Stres kısırlığın hem sebebi hem de sonucu olabilir. Bu çiftlerde stres birden fazla sebeplidir. Öncelikle durumu kabullenme aşamasında sorunlar olur. Kendini suçlu hissetme Ya da eşi suçlama sık gözlenir. Toplumdan uzaklaşma, yalnızlık hissi, çaresizlik ve depresyon izlenebilir. Özellikle bizim gibi toplumlarda anne baba kayınvalide ve kayınpeder de işin içine karışmakta ve stres önemli ölçüde artmaktadır.

Tedavi aşamasına gelindiğinde de çiftlerin önünde belirsizliklerle dolu bir süreç bulunur. “Acaba süreç nasıl ilerleyecek? Bu ay hamile kalabilecek miyim? Hamile kalamazsam bu iş benim için bitmiş midir?

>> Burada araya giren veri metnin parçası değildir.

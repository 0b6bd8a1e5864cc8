-- ===== src/Timer/Tests.antt =====
-- The theorems on timers at concrete inputs, and runs of the code.
use ape_cpp_server.Base.{ℕ, ◌≡◌, refl, List, [], ◌∷◌}
use ape_cpp_server.Timer.{TimerNode, TimerManager, new_manager, add_timer, detect_timer_list}
use ape_cpp_server.Timer.Place.{total, IsShaped, new_manager-IsShaped}
use ape_cpp_server.Timer.Kept.{detect_timer_list_lem, add_timer_lem}

-- A manager from the time 1000 on, with a timer of 25 ms.
abbrev one_timer : TimerManager
one_timer = add_timer 1000 25 7 (new_manager 1000)

abbrev fired_ids : List TimerNode → List ℕ
fired_ids [] = []
fired_ids (node ∷ nodes) = node.id ∷ fired_ids nodes

not_yet : fired_ids (detect_timer_list 1020 (λ _. 1020) one_timer).fired ≡ []
unfolding detect_timer_list add_timer new_manager
not_yet = refl

in_time : fired_ids (detect_timer_list 1030 (λ _. 1030) one_timer).fired ≡ 7 ∷ []
unfolding detect_timer_list add_timer new_manager
in_time = refl

one_timer-IsShaped : IsShaped one_timer
one_timer-IsShaped = (add_timer_lem 7 1000 25 7 (new_manager 1000) (new_manager-IsShaped 1000)).0

detect_timer_list_lem_example :
    let m' = detect_timer_list 1030 (λ _. 1030) one_timer in
    IsShaped m' × (total 7 m' ≡ total 7 one_timer) × (m'.readynodes ≡ [])
detect_timer_list_lem_example =
    detect_timer_list_lem 7 1030 (λ _. 1030) one_timer one_timer-IsShaped
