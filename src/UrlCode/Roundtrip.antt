-- ===== src/UrlCode/Roundtrip.antt =====
-- Which texts come back from `UrlEncoder` and `URLDecoder`.
use ape_cpp_server.Base.{
  ◌==◌, le→not_ltb, ==_iff, Bool-cases, length, All, length-append, digit, ℕ, suc, ◌+◌, ◌*◌, ◌/◌,
  ◌%◌, ◌≤◌, ◌<◌, ◌≡◌, refl, ap, ◌∙◌, ◌≢◌, inl, inr, true, some, List, [], ◌∷◌, ◌++◌, append_assoc,
  arith,
}
use ape_cpp_server.UrlCode.{
  is_ordinary_char, encode_char, encode, get_as_dec, convert_to_dec, append_char, prepend,
  plain_char, decode,
}

decode_plain :
    (n c : ℕ) (mem : List ℕ)
    → c ≢ b'%'
    → decode (suc n) (c ∷ mem) ≡ prepend (◌∷◌ (plain_char c)) (decode n mem)
unfolding decode
decode_plain n c [] h = ground arith
decode_plain n c (a ∷ []) h = ground arith
decode_plain n c (a ∷ b ∷ mem) h = ground arith

decode_escaped :
    (n a b : ℕ) (mem : List ℕ)
    → decode (suc (suc (suc n))) (b'%' ∷ a ∷ b ∷ mem)
      ≡ prepend (append_char (convert_to_dec a b % 256)) (decode n mem)
unfolding decode
decode_escaped n a b mem =
    ap (λ k. prepend (append_char (convert_to_dec a b % 256)) (decode k mem)) (omega arith)

-- the characters that come back
abbrev pub IsEncodable : ℕ → Type 0
IsEncodable c = (16 ≤ c) × (c < 256)

get_as_dec-digit : (d : ℕ) → d < 16 → get_as_dec (digit d) ≡ d
unfolding get_as_dec
get_as_dec-digit d h = ground arith

digit_pos : (d : ℕ) → 0 < digit d
digit_pos d = ground arith

convert_to_dec-digit : (c : ℕ) → c < 256 → convert_to_dec (digit (c / 16)) (digit (c % 16)) ≡ c
unfolding convert_to_dec
convert_to_dec-digit c h = ground (
  arith,
  digit_pos (c / 16),
  digit_pos (c % 16),
  get_as_dec-digit (c / 16) (omega arith),
  get_as_dec-digit (c % 16) (omega arith),
)

ordinary : (c : ℕ) → is_ordinary_char c ≡ true → (c ≢ b'%') × (plain_char c ≡ c)
unfolding is_ordinary_char
ordinary c h = (ground arith, ground arith)

decode-encode_char :
    (m n c : ℕ) (mem : List ℕ)
    → IsEncodable c
    → m ≡ length (encode_char c) + n
    → decode m (encode_char c ++ mem) ≡ prepend (◌∷◌ c) (decode n mem)
unfolding encode_char
decode-encode_char m n c mem (lo, hi) e = elim (Bool-cases (is_ordinary_char c)) [
  | inl o ↦
      let em : m ≡ suc n = rw o at e ∙ omega arith in
      rw (o, em) (decode_plain n c mem (ordinary c o).0 ∙ rw ((ordinary c o).1) refl)
  | inr o ↦ elim (Bool-cases (c == b' ')) [
    | inl s ↦
        let em : m ≡ suc n = rw (o, s) at e ∙ omega arith in
        rw (o, s, em) (decode_plain n b'+' mem (omega arith) ∙ rw ((==_iff c b' ').0 s) refl)
    | inr s ↦
        let em : m ≡ suc (suc (suc n)) = rw (o, s, le→not_ltb c 16 lo) at e ∙ omega arith in
        rw (o, s, le→not_ltb c 16 lo, em)
          (decode_escaped n (digit (c / 16)) (digit (c % 16)) mem
            ∙ rw (convert_to_dec-digit c hi) (ground arith))
  ]
]

-- A text of characters from 16 to 255, encoded and then decoded with any memory behind it, comes
-- back.
pub decode-encode :
    (s mem : List ℕ) → All IsEncodable s → decode (length (encode s)) (encode s ++ mem) ≡ some s
unfolding encode decode
decode-encode [] mem h = refl
decode-encode (c ∷ s) mem (hc, hs) =
    ap (decode (length (encode_char c ++ encode s))) (append_assoc (encode_char c) (encode s) mem)
    ∙ decode-encode_char (length (encode_char c ++ encode s)) (length (encode s)) c
        (encode s ++ mem) hc (length-append (encode_char c) (encode s))
    ∙ ap (prepend (◌∷◌ c)) (decode-encode s mem hs)

low_char : (c : ℕ) → 0 < c → c < 16 → encode_char c ≡ b'%' ∷ digit c ∷ []
unfolding encode_char is_ordinary_char
low_char c h0 h1 = ground arith

ordinary_char : (d : ℕ) → is_ordinary_char d ≡ true → encode_char d ≡ d ∷ []
unfolding encode_char
ordinary_char d h = rw h refl

convert_to_dec_low :
    (c d : ℕ)
    → 0 < c
    → c < 16
    → is_ordinary_char d ≡ true
    → convert_to_dec (digit c) d ≡ 16 * c + get_as_dec d
unfolding convert_to_dec is_ordinary_char
convert_to_dec_low c d h0 h1 hd = ground (arith, digit_pos c, get_as_dec-digit c h1)

-- A character from 1 to 15 is encoded by one digit only, so that the decoder takes the letter or
-- digit behind it for the second one: for the two it returns one character, which has 16 times the
-- first one's code and the value that it finds in the other, or none if that is 256.
decode-encode_low :
    (c d : ℕ) (s mem : List ℕ)
    → 0 < c
    → c < 16
    → is_ordinary_char d ≡ true
    → All IsEncodable s
    → decode (length (encode (c ∷ d ∷ s))) (encode (c ∷ d ∷ s) ++ mem)
      ≡ some (append_char ((16 * c + get_as_dec d) % 256) s)
unfolding encode
decode-encode_low c d s mem h0 h1 hd hs =
    rw (low_char c h0 h1, ordinary_char d hd)
      (decode_escaped (length (encode s)) (digit c) d (encode s ++ mem)
        ∙ rw (convert_to_dec_low c d h0 h1 hd, decode-encode s mem hs) refl)
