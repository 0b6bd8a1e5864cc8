-- ===== src/UrlCode/Tests.antt =====
-- The theorems on encoded texts at concrete inputs, and runs of the code.
use ape_cpp_server.Base.{length, codes, ◌≡◌, refl, none, some, [], ◌∷◌, ◌++◌, arith}
use ape_cpp_server.UrlCode.{encode, decode}
use ape_cpp_server.UrlCode.Roundtrip.{decode-encode}

encoded : encode (codes "a b&c") ≡ codes "a+b%26c"
unfolding encode
encoded = refl

-- A `%` at the end makes the decoder read behind the NUL.
cut_off : decode 2 (codes "a%" ++ (0 ∷ [])) ≡ none
unfolding decode
cut_off = refl

decode-encode_example :
    decode (length (encode (codes "a b&c"))) (encode (codes "a b&c") ++ (0 ∷ []))
    ≡ some (codes "a b&c")
decode-encode_example = decode-encode (codes "a b&c") (0 ∷ []) (omega arith)
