-- ===== src/Net.antt =====
-- The network stack source/net.c above the card: checksums, the table of hardware addresses and the
-- packets that are received.
pub mod Crc
pub mod Checksum
pub mod State
pub mod Arp
pub mod Receive
pub mod Send
mod Tests
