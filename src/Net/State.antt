-- ===== src/Net/State.antt =====
-- The globals of source/net.c: the addresses of this computer, `arp_table` and the packet that has
-- been received.
use nano_s.Prelude.{ℕ, List}

-- A row of `arp_table`.
pub record ArpInfo : Type 0 where
  pub ip : List ℕ
  pub mac : List ℕ

pub record Net : Type 0 where
  pub local_mac : List ℕ
  pub local_ip : List ℕ
  pub local_gate : List ℕ
  pub local_net : List ℕ
  pub arp_table : List ArpInfo
  pub rcv_buff : List ℕ
  pub rcv_addr : List ℕ
  pub rcv_port : ℕ
  pub rcv_size : ℕ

Tekrar bu sürece girmeli miyim?” gibi pek çok soru stres faktörünün artmasını sağlar.

Peki, bu konuda biz tüp bebek merkezlerine ne gibi görevler düşmektedir?

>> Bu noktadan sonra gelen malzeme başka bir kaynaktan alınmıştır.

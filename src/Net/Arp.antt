-- ===== src/Net/Arp.antt =====
-- The table of hardware addresses in source/net.c: `get_effective_ip`, `find_mac_in_table` and
-- `arp_recv_process`. An address is the list of its bytes.
pub mod Learn
use nano_s.Prelude.{
  ℕ, zero, suc, ◌+◌, ◌*◌, Bool, true, false, ◌&&◌, ◌||◌, not, List, [], ◌∷◌, ◌==◌, if◌then◌else◌,
  Option, none, some, bit_and, get_or, take, drop,
}
use nano_s.Net.State.{ArpInfo, Net}

-- Whether `memcmp` of two addresses gives 0.
unfoldable pub same_address : List ℕ → List ℕ → Bool
same_address [] [] = true
same_address [] (b ∷ ys) = false
same_address (a ∷ xs) [] = false
same_address (a ∷ xs) (b ∷ ys) = (a == b) && same_address xs ys

-- The loop of `get_effective_ip`: whether it ends before the last byte.
unfoldable pub is_outside : List ℕ → List ℕ → List ℕ → Bool
is_outside (n ∷ ns) (l ∷ ls) (c ∷ cs) = not (bit_and c n == bit_and l n) || is_outside ns ls cs
is_outside ns ls cs = false

unfoldable pub get_effective_ip : Net → List ℕ → List ℕ
get_effective_ip net ip = if is_outside net.local_net net.local_ip ip then net.local_gate else ip

-- The place of a hardware address, as the pointer that is returned tells it.
pub data MacAt : Type 0 where
  nowhere own : MacAt
  row : ℕ → MacAt

-- The bytes at the place that a pointer tells.
unfoldable pub mac_row : ℕ → List ArpInfo → List ℕ
mac_row i [] = []
mac_row zero (info ∷ table) = info.mac
mac_row (suc i) (info ∷ table) = mac_row i table

unfoldable pub mac_of : Net → MacAt → List ℕ
mac_of net nowhere = []
mac_of net own = net.local_mac
mac_of net (row i) = mac_row i net.arp_table

-- The loop over the table from row `i` on.
unfoldable pub find_mac_from : List ℕ → ℕ → List ArpInfo → MacAt
find_mac_from ip i [] = nowhere
find_mac_from ip i (info ∷ table) =
    let rest = find_mac_from ip (i + 1) table in if same_address info.ip ip then row i else rest

unfoldable pub find_mac_in_table : Net → List ℕ → MacAt
find_mac_in_table net ip =
    let found = find_mac_from ip 0 net.arp_table in
    if same_address ip net.local_ip then own else found

-- The loop that adds an entry: the first row whose address starts with 0, or the last row.
unfoldable pub add_entry : List ℕ → List ℕ → List ArpInfo → List ArpInfo
add_entry ip mac [] = []
add_entry ip mac (info ∷ []) = record { ip = ip; mac = mac } ∷ []
add_entry ip mac (info ∷ next ∷ table) =
    let rest = add_entry ip mac (next ∷ table) in
    if get_or info.ip 0 0 == 0 then record { ip = ip; mac = mac } ∷ next ∷ table else info ∷ rest

-- `memcpy` to row `i`.
unfoldable pub set_mac : ℕ → List ℕ → List ArpInfo → List ArpInfo
set_mac i mac [] = []
set_mac zero mac (info ∷ table) = record { ip = info.ip; mac = mac } ∷ table
set_mac (suc i) mac (info ∷ table) = info ∷ set_mac i mac table

abbrev pub with_table : Net → List ArpInfo → Net
with_table net table = record {
  local_mac = net.local_mac;
  local_ip = net.local_ip;
  local_gate = net.local_gate;
  local_net = net.local_net;
  arp_table = table;
  rcv_buff = net.rcv_buff;
  rcv_addr = net.rcv_addr;
  rcv_port = net.rcv_port;
  rcv_size = net.rcv_size;
}

abbrev pub with_mac : Net → List ℕ → Net
with_mac net mac = record {
  local_mac = mac;
  local_ip = net.local_ip;
  local_gate = net.local_gate;
  local_net = net.local_net;
  arp_table = net.arp_table;
  rcv_buff = net.rcv_buff;
  rcv_addr = net.rcv_addr;
  rcv_port = net.rcv_port;
  rcv_size = net.rcv_size;
}

-- What a reply tells is stored where the address is found.
unfoldable pub learn : Net → List ℕ → List ℕ → MacAt → Net
learn net ip mac nowhere = with_table net (add_entry ip mac net.arp_table)
learn net ip mac own = with_mac net mac
learn net ip mac (row i) = with_table net (set_mac i mac net.arp_table)

-- The fields of an ARP packet.
abbrev pub word_at : List ℕ → ℕ → ℕ
word_at buff offset = get_or buff offset 0 + 256 * get_or buff (offset + 1) 0

abbrev pub sha : List ℕ → List ℕ
sha buff = take 6 (drop 8 buff)

abbrev pub spa : List ℕ → List ℕ
spa buff = take 4 (drop 14 buff)

abbrev pub dpa : List ℕ → List ℕ
dpa buff = take 4 (drop 24 buff)

-- Constants of the packet as words of the machine, after BSWAP_16.
abbrev pub htype_ether : ℕ
htype_ether = 0x0100

abbrev pub ptype_ip : ℕ
ptype_ip = 0x0008

abbrev pub op_request : ℕ
op_request = 0x0100

abbrev pub op_reply : ℕ
op_reply = 0x0200

-- What a packet leads to: the globals, and the addresses that a reply is sent to, if one is.
unfoldable pub arp_recv_process : Net → List ℕ → Net × Option (List ℕ × List ℕ)
arp_recv_process net buff =
    let for_us = same_address (dpa buff) net.local_ip in
    let learnt = learn net (spa buff) (sha buff) (find_mac_in_table net (spa buff)) in
    if (word_at buff 0 == htype_ether) && (word_at buff 2 == ptype_ip)
    then if (word_at buff 6 == op_reply) && for_us
      then (learnt, none)
      else if (word_at buff 6 == op_request) && for_us
      then (net, some (sha buff, spa buff))
      else (net, none)
    else (net, none)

Öncelikle hastalarımızla bu durumu ayrıntılı olarak konuşabilmeli ve karşılıklı güven ortamı oluşturmalıyız. Problemin ortaya konması, tedavi seçeneklerinin değerlendirilmesi ve sonuçlar üzerine gerçekçi değerlendirilmeler yapılması çiftlerin önündeki belirsizlikleri azaltabilir. Bu da ancak hastalarımıza yeterli zamanı ayırmamızla mümkün olur. Tedavi programlarının basitleştirilmesi diğer önemli bir noktadır. Tedavi süresinin kısalması, hastaların merkezde kaybettiği zamanın (özellikle bekleme süresinin)azaltılması, ilaçların kolay uygulanabilir olması, yapılan operasyonların genel anestezi altında tamamen ağrısız gerçekleşmesi hasta stresini büyük ölçüde azaltmaktadır.

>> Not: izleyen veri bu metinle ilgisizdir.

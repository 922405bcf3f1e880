-- ===== src/Net/Arp/Learn.antt =====
-- What a reply teaches the table of hardware addresses of source/net.c.
use nano_s.Prelude.{
  ℕ, suc, ◌+◌, ◌≤◌, ◌≡◌, ◌≢◌, refl, true, false, ◌⊎◌, inl, inr, List, [], ◌∷◌, ◌==◌, arith, get_or,
  length, if-both, Bool-cases, sym, ◌∙◌,
}
use nano_s.Net.State.{ArpInfo, Net}
use nano_s.Net.Arp.{
  same_address, mac_row, mac_of, nowhere, row, find_mac_from, find_mac_in_table, add_entry, set_mac,
  learn, with_table, word_at, sha, spa, dpa, htype_ether, ptype_ip, op_reply, arp_recv_process,
}

same_address_refl : (ip : List ℕ) → same_address ip ip ≡ true
unfolding same_address
same_address_refl [] = refl
same_address_refl (a ∷ xs) = ground (arith, same_address_refl xs)

find_mac_from-here :
    (ip : List ℕ) (i : ℕ) (info : ArpInfo) (table : List ArpInfo)
    → same_address info.ip ip ≡ true
    → find_mac_from ip i (info ∷ table) ≡ row i
unfolding find_mac_from
find_mac_from-here ip i info table e = rw e refl

find_mac_from-later :
    (ip : List ℕ) (i : ℕ) (info : ArpInfo) (table : List ArpInfo)
    → same_address info.ip ip ≡ false
    → find_mac_from ip i (info ∷ table) ≡ find_mac_from ip (i + 1) table
unfolding find_mac_from
find_mac_from-later ip i info table e = rw e refl

-- After an entry for an address that no row has, the search finds the entry.
Holds : List ℕ → List ℕ → ℕ → List ArpInfo → Type 0
Holds ip mac i table =
    (k : ℕ) × ((find_mac_from ip i table ≡ row (i + k)) × (mac_row k table ≡ mac))

Holds-here :
    (ip mac : List ℕ) (i : ℕ) (table : List ArpInfo)
    → Holds ip mac i (record { ip = ip; mac = mac } ∷ table)
unfolding Holds mac_row
Holds-here ip mac i table =
    let e : i + 0 ≡ i = omega arith in
    (
      0,
      (
        rw e (find_mac_from-here ip i (record { ip = ip; mac = mac }) table (same_address_refl ip)),
        refl,
      ),
    )

Holds-later :
    (ip mac : List ℕ) (i : ℕ) (info : ArpInfo) (table : List ArpInfo)
    → same_address info.ip ip ≡ false
    → Holds ip mac (i + 1) table
    → Holds ip mac i (info ∷ table)
unfolding Holds mac_row
Holds-later ip mac i info table other (k, (found, is)) =
    let e : i + suc k ≡ i + 1 + k = omega arith in
    (suc k, (rw e (find_mac_from-later ip i info table other ∙ found), is))

row≢nowhere : (i : ℕ) → row i ≢ nowhere
row≢nowhere i e = absurd (ground arith)

add_entry-Holds :
    (ip mac : List ℕ) (i : ℕ) (table : List ArpInfo)
    → 1 ≤ length table
    → find_mac_from ip i table ≡ nowhere
    → Holds ip mac i (add_entry ip mac table)
unfolding add_entry
add_entry-Holds ip mac i [] some_row e = absurd (omega arith)
add_entry-Holds ip mac i (info ∷ []) some_row e = Holds-here ip mac i []
add_entry-Holds ip mac i (info ∷ next ∷ table) some_row e =
    elim (Bool-cases (same_address info.ip ip)) [
      | inl same ↦
          absurd (row≢nowhere i (sym (find_mac_from-here ip i info (next ∷ table) same) ∙ e))
      | inr other ↦
          if-both (Holds ip mac i) (get_or info.ip 0 0 == 0)
            (record { ip = ip; mac = mac } ∷ next ∷ table) (info ∷ add_entry ip mac (next ∷ table))
            (Holds-here ip mac i (next ∷ table))
            (Holds-later ip mac i info (add_entry ip mac (next ∷ table)) other (
              add_entry-Holds ip mac (i + 1) (next ∷ table) (omega arith)
                (sym (find_mac_from-later ip i info (next ∷ table) other) ∙ e)))
    ]

-- The row that the search finds keeps its address when its hardware address is stored.
Updates : List ℕ → List ℕ → ℕ → List ArpInfo → Type 0
Updates ip mac i table =
    (find_mac_from ip i table ≡ nowhere)
    ⊎ ((k : ℕ) × ((find_mac_from ip i table ≡ row (i + k)) × Holds ip mac i (set_mac k mac table)))

set_mac-Updates : (ip mac : List ℕ) (i : ℕ) (table : List ArpInfo) → Updates ip mac i table
unfolding Updates set_mac Holds mac_row find_mac_from
set_mac-Updates ip mac i [] = inl refl
set_mac-Updates ip mac i (info ∷ table) = elim (Bool-cases (same_address info.ip ip)) [
  | inl same ↦
      let e : i + 0 ≡ i = omega arith in
      inr (
        0,
        (
          rw e (find_mac_from-here ip i info table same),
          (
            0,
            (rw e (find_mac_from-here ip i (record { ip = info.ip; mac = mac }) table same), refl),
          ),
        ),
      )
  | inr other ↦ elim (set_mac-Updates ip mac (i + 1) table) [
    | inl absent ↦ inl (find_mac_from-later ip i info table other ∙ absent)
    | inr (k, (found, holds)) ↦
        let e : i + suc k ≡ i + 1 + k = omega arith in
        inr (
          suc k,
          (
            rw e (find_mac_from-later ip i info table other ∙ found),
            Holds-later ip mac i info (set_mac k mac table) other holds,
          ),
        )
  ]
]

abbrev Knows : List ℕ → List ℕ → Net → Type 0
Knows ip mac net = mac_of net (find_mac_in_table net ip) ≡ mac

Knows-table :
    (net : Net) (ip mac : List ℕ) (table : List ArpInfo)
    → same_address ip net.local_ip ≡ false
    → Holds ip mac 0 table
    → Knows ip mac (with_table net table)
unfolding find_mac_in_table Holds mac_of
Knows-table net ip mac table other (k, (found, is)) =
    let e : 0 + k ≡ k = omega arith in rw (other, found, e) is

find_mac_in_table-other :
    (net : Net) (ip : List ℕ)
    → same_address ip net.local_ip ≡ false
    → find_mac_in_table net ip ≡ find_mac_from ip 0 net.arp_table
unfolding find_mac_in_table
find_mac_in_table-other net ip other = rw other refl

learn-Knows :
    (net : Net) (ip mac : List ℕ)
    → same_address ip net.local_ip ≡ false
    → 1 ≤ length net.arp_table
    → Knows ip mac (learn net ip mac (find_mac_in_table net ip))
unfolding learn Updates
learn-Knows net ip mac other rows = elim (set_mac-Updates ip mac 0 net.arp_table) [
  | inl absent ↦
      rw (find_mac_in_table-other net ip other, absent)
        (Knows-table net ip mac (add_entry ip mac net.arp_table) other
          (add_entry-Holds ip mac 0 net.arp_table rows absent))
  | inr (k, (found, holds)) ↦
      let e : 0 + k ≡ k = omega arith in
      rw (find_mac_in_table-other net ip other, found, e)
        (Knows-table net ip mac (set_mac k mac net.arp_table) other holds)
]

-- After a reply to this computer from an address other than its own, the table, which has a row,
-- gives the hardware address of the reply for the address that it comes from, whether the address
-- was known before or not.
pub arp_recv_process-learns :
    (net : Net) (buff : List ℕ)
    → word_at buff 0 ≡ htype_ether
    → word_at buff 2 ≡ ptype_ip
    → word_at buff 6 ≡ op_reply
    → same_address (dpa buff) net.local_ip ≡ true
    → same_address (spa buff) net.local_ip ≡ false
    → 1 ≤ length net.arp_table
    → let after = (arp_recv_process net buff).0 in
      mac_of after (find_mac_in_table after (spa buff)) ≡ sha buff
unfolding arp_recv_process
arp_recv_process-learns net buff hrd pro op for_us other rows =
    rw (hrd, pro, op, for_us) (learn-Knows net (spa buff) (sha buff) other rows)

Nedeni ne olursa olsun stres azaltıldığı takdirde gebelik başarısının arttığı bilinmektedir.   Bunu sağlamak üzere yapılabilecek ilk hamle çiftlerin tedavilerinin yapıldığı ortamları ‘keyifli’ bir hale getirmektir. Dünyada bu konu düşünülmüş ve çözüm olarak sadece kısır çiftlere hizmet veren özel merkezler açılmıştır. Bu merkezlerde hastaların kendi gibi çiftlerle karşılaşması yalnızlık hissini azaltacak ve paylaşımı artıracaktır. Ayrıca kısır çifte hizmet veren sağlık personelinin de bu konuda özel olarak eğitilmiş ve tecrübeli olması gerekmektedir. Bu tip özel merkezlerin en önemli yanı hastaneye benzememesi rahat ortamlarının olması, asla hastane kokusunun olmayışı ve hastaların sanki bir misafir gibi ağırlanmalarıdır.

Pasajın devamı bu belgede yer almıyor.